Researching coronal mass ejections is one of the key scientific objectives of India's first solar observatory. One, as these eruptions provide an opportunity to learn about the star in the center of our solar system, and secondly, because activities occurring on the solar surface threaten systems on Earth and in space.

Aurora display
Northern lights lit up the night sky across America last autumn

Impacts on Earth and Space Infrastructure

CMEs rarely pose immediate danger to human life, but they do affect our planet through generating geomagnetic storms affecting the weather in Earth's vicinity, where about thousands of spacecraft, comprising Indian satellites, orbit.

"The most beautiful manifestations from solar eruptions include northern lights, being a clear example that charged particles from our star are travelling to Earth," the expert clarifies.

"However, they may cause electronic systems on a satellite malfunction, disable electrical networks and disrupt meteorological and telecom spacecraft."

Past Solar Events

  • The strongest solar storm ever recorded was the Carrington Event that disabled communication systems worldwide
  • In 1989, a part of Canadian electrical network failed, affecting six million people without power for nine hours
  • In November 2015, solar storms disturbed air traffic control, leading to chaos in Sweden and some other European airports
  • Recently in 2022, an ejection had led to dozens of spacecraft being lost

With capability to see what happens on the Sun's corona and detect solar activity or a coronal mass ejection as it happens, measure its heat at the source and watch its path, this serves as a forewarning to shut down electrical systems and spacecraft and move them out of harm's way.
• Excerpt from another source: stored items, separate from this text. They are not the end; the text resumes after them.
-- ===== src/Buffer/Contents.antt =====
-- src/buffer.c: the representation invariant of `struct buffer`, and the queue of unread bytes that it stands
-- for: what each function does to that queue.
use mhuxd.Base.{
  ℕ, suc, ◌+◌, ◌-◌, ◌≤◌, ◌<◌, min, ◌≡◌, refl, ap, ◌∙◌, true, false, Option, none, some, List, [],
  ◌∷◌, ◌++◌, append-nil, append_assoc, arith, ◌==◌, u16, if◌then◌else◌, leb, length, get_or, set,
  take, drop, length-set, length-take, length-drop, take-set_next, drop-append, drop-get_or,
  get_or-take, drop-drop, take-drop, drop-nil_of_le, length-replicate,
}
use mhuxd.Buffer.{
  Buffer, buffer_capacity, alloc, size_avail, taken, add_size, consume, append_c, append, write,
  get_c, removed, remove_front,
}

-- `drained`: a buffer read to its end has been reset.
pub record IsValid (b : Buffer) : Type 0 where
  pub storage : length b.mem ≡ 4096
  pub fits : b.size ≤ 4096
  pub behind : b.rpos ≤ b.size
  pub drained : b.rpos ≡ b.size → b.size ≡ 0

-- all bytes up to `size`, and the ones of them not yet read
abbrev pub held : Buffer → List ℕ
held b = take b.size b.mem

abbrev pub unread : Buffer → List ℕ
unread b = drop b.rpos (held b)

pub length-write : (mem : List ℕ) (i : ℕ) (p : List ℕ) → length (write mem i p) ≡ length mem
unfolding write
length-write mem i [] = refl
length-write mem i (c ∷ p) = length-write (set mem i c) (suc i) p ∙ length-set mem i c

take-write :
    (mem : List ℕ) (i : ℕ) (p : List ℕ) (k : ℕ)
    → k ≡ i + length p
    → k ≤ length mem
    → take k (write mem i p) ≡ take i mem ++ p
unfolding write
take-write mem i [] k e h = ap (λ (j : ℕ). take j mem) (omega arith) ∙ append-nil-sym
  where
    append-nil-sym : take i mem ≡ take i mem ++ []
    append-nil-sym = ground (arith, append-nil (take i mem))
take-write mem i (c ∷ p) k e h =
    take-write (set mem i c) (suc i) p k (omega arith) (omega (arith, length-set mem i c))
    ∙ ground (arith, take-set_next mem i c (omega arith), append_assoc (take i mem) (c ∷ []) p)

pub length-held : {b : Buffer} → IsValid b → length (held b) ≡ b.size
length-held {b} v = omega (arith, length-take b.size b.mem, v.storage, v.fits)

-- A buffer fresh from `buf_alloc` is valid and holds nothing.
pub alloc-IsValid : IsValid alloc × (held alloc ≡ [])
unfolding alloc
alloc-IsValid = (
  record {
    storage = length-replicate {A = ℕ} 4096 0;
    fits = omega arith;
    behind = omega arith;
    drained = λ e. refl;
  },
  refl,
)

taken_lem :
    {b : Buffer} (p : List ℕ)
    → IsValid b
    → length p < 65536
    → taken b p ≡ min (length p) (4096 - b.size)
unfolding taken
taken_lem p v h = ground arith

pub size-append :
    {b : Buffer} (p : List ℕ)
    → IsValid b
    → length p < 65536
    → (append b p).1.size ≡ b.size + min (length p) (4096 - b.size)
unfolding append
size-append {b} p v h = omega (arith, taken_lem p v h, v.fits)

pub append-IsValid :
    {b : Buffer} (p : List ℕ) → IsValid b → length p < 65536 → IsValid (append b p).1
unfolding append
append-IsValid {b} p v h = record {
  storage = length-write b.mem b.size (take (taken b p) p) ∙ v.storage;
  fits = omega (arith, taken_lem p v h);
  behind = omega (arith, taken_lem p v h);
  drained = λ e. omega (arith, taken_lem p v h);
}

held-append :
    {b : Buffer} (p : List ℕ)
    → IsValid b
    → length p < 65536
    → held (append b p).1 ≡ held b ++ take (taken b p) p
unfolding append
held-append {b} p v h =
    take-write b.mem b.size (take (taken b p) p) (u16 (b.size + taken b p))
      (omega (arith, taken_lem p v h, length-take (taken b p) p)) (omega (arith, taken_lem p v h))

-- `buf_append` takes as many bytes as fit, adds exactly those behind the unread bytes, and
-- keeps the buffer valid.
pub append_refines :
    {b : Buffer} (p : List ℕ)
    → IsValid b
    → length p < 65536
    → let (n, b') = append b p in
      (n ≡ min (length p) (4096 - b.size)) × (unread b' ≡ unread b ++ take n p) × IsValid b'
append_refines {b} p v h = (
  unfold append in taken_lem p v h,
  rw (held-append p v h) (
      unfold append in
      drop-append (held b) (take (taken b p) p) b.rpos (omega (arith, length-held v))),
  append-IsValid p v h,
)

-- What `buf_get_c` returns: the oldest unread byte with the rest still unread, or -1 with nothing
-- unread and nothing changed.
abbrev pub Front : Option ℕ → Buffer → Buffer → Type 0
Front none b b' = (unread b ≡ []) × (b' ≡ b)
Front (some c) b b' = unread b ≡ c ∷ unread b'

unread-cons :
    {b : Buffer}
    → IsValid b
    → b.rpos < b.size
    → unread b ≡ get_or b.mem b.rpos 0 ∷ drop (suc b.rpos) (held b)
unread-cons {b} v h =
    drop-get_or (held b) b.rpos 0 (omega (arith, length-held v))
    ∙ ap (λ c. c ∷ drop (suc b.rpos) (held b)) (get_or-take b.mem b.size b.rpos 0 h)

pub get_c-IsValid : {b : Buffer} → IsValid b → IsValid (get_c b).1
unfolding get_c
get_c-IsValid v = ground arith

-- `buf_get_c` hands out the oldest unread byte and leaves the others unread, or returns -1 and
-- changes nothing if there is none. It keeps the buffer valid.
pub get_c_refines : {b : Buffer} → IsValid b → let (c, b') = get_c b in IsValid b' × Front c b b'
get_c_refines {b} v = (get_c-IsValid v, front)
  where
    front : Front (get_c b).0 b (get_c b).1
    front =
        unfold get_c in
        ground (
          arith,
          unread-cons v,
          drop-nil_of_le (held b) b.rpos,
          drop-nil_of_le (held b) (suc b.rpos),
          length-held v,
        )

-- `buf_consume` of no more than what is unread reads that many bytes, and keeps the buffer valid.
pub consume_refines :
    {b : Buffer} (n : ℕ)
    → IsValid b
    → n + b.rpos ≤ b.size
    → IsValid (consume b n) × (unread (consume b n) ≡ drop n (unread b))
unfolding consume
consume_refines {b} n v h = (
  ground arith,
  ground (
    arith,
    drop-drop (held b) b.rpos n (b.rpos + n) refl,
    drop-nil_of_le (held b) (b.rpos + n),
    length-held v,
  ),
)

-- `buf_append_c` is `buf_append` of one byte: it fails exactly on a full buffer, which it leaves
-- as it is, and otherwise changes the buffer as that call does.
pub append_c-append :
    {b : Buffer} (c : ℕ)
    → IsValid b
    → append_c b c
      ≡ (if b.size == buffer_capacity then (false, b) else (true, (append b (c ∷ [])).1))
unfolding append_c append taken write
append_c-append c v = ground arith

-- `buf_add_size` after `n` bytes were read into the free storage keeps the buffer valid, and the
-- bytes that stand there join the unread ones.
pub add_size_refines :
    {b : Buffer} (n : ℕ)
    → IsValid b
    → n ≤ size_avail b
    → IsValid (add_size b n) × (unread (add_size b n) ≡ drop b.rpos (take (b.size + n) b.mem))
unfolding add_size
add_size_refines n v h = (ground arith, ground arith)

module _ {b : Buffer} (len : ℕ) (v : IsValid b) (fits : len ≤ b.size) where
  held-removed : held (removed b len) ≡ drop len (held b)
  unfolding removed
  held-removed =
      take-write b.mem 0 (take (b.size - len) (drop len b.mem)) (b.size - len)
        (omega (
          arith,
          length-take (b.size - len) (drop len b.mem),
          length-drop len b.mem,
          v.storage,
          v.fits,
        ))
        (omega (arith, v.storage, v.fits))
      ∙ take-drop b.mem len (b.size - len) b.size (omega arith)

  removed-IsValid : IsValid (removed b len)
  unfolding removed
  removed-IsValid = ground (arith, v, length-write b.mem 0 (take (b.size - len) (drop len b.mem)))

  unread-removed : unread (removed b len) ≡ drop (if leb b.rpos len then len else b.rpos) (held b)
  unread-removed =
      rw held-removed
        (unfold removed in ground (arith, drop-drop (held b) len (b.rpos - len) b.rpos))

-- `buf_remove_front` of no more than what the buffer holds succeeds, keeps the buffer valid and
-- removes the first `len` bytes held: what was unread of them is lost, the rest stays unread.
pub remove_front_refines :
    {b : Buffer} (len : ℕ)
    → IsValid b
    → len ≤ b.size
    → (b' : Buffer) × (remove_front b len ≡ some b')
      × IsValid b'
      × (held b' ≡ drop len (held b))
      × (unread b' ≡ drop (if leb b.rpos len then len else b.rpos) (held b))
unfolding remove_front
remove_front_refines {b} len v fits = (
  removed b len,
  ground arith,
  removed-IsValid len v fits,
  held-removed len v fits,
  unread-removed len v fits,
)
Solar corona during eclipse
The solar atmosphere can be seen when the Moon blocks the Sun from Earth

The Mission's Special Capability

There are other space observatories observing our star, India's spacecraft holds an edge over others when it comes to studying the solar atmosphere.

"The instrument has perfect dimensions that lets it effectively simulate the Moon, fully covering the Sun's photosphere permitting continuous observation of nearly the entire of the corona 24 hours a day, throughout the year, including during solar events," notes the researcher.

In other words, the coronagraph functions as a synthetic eclipse, obscuring the Sun's bright surface to let researchers continuously observe its faint outer corona – a feat the real Moon provide only during eclipses.

Moreover, this is the only mission capable of examining eruptions using optical wavelengths, letting it measure a CME's temperature and thermal output – key clues that show how strong of an eruption if it headed our direction.

Readiness for Maximum Activity

In preparation for next year's solar maximum, scientists collaborated analyzing the data obtained from one of the largest solar eruption recorded by the mission has recorded until now.

It originated on 13 September 2024 at 00:30 GMT. Its mass totaled billions of tons – for comparison that struck the ship weighed much less.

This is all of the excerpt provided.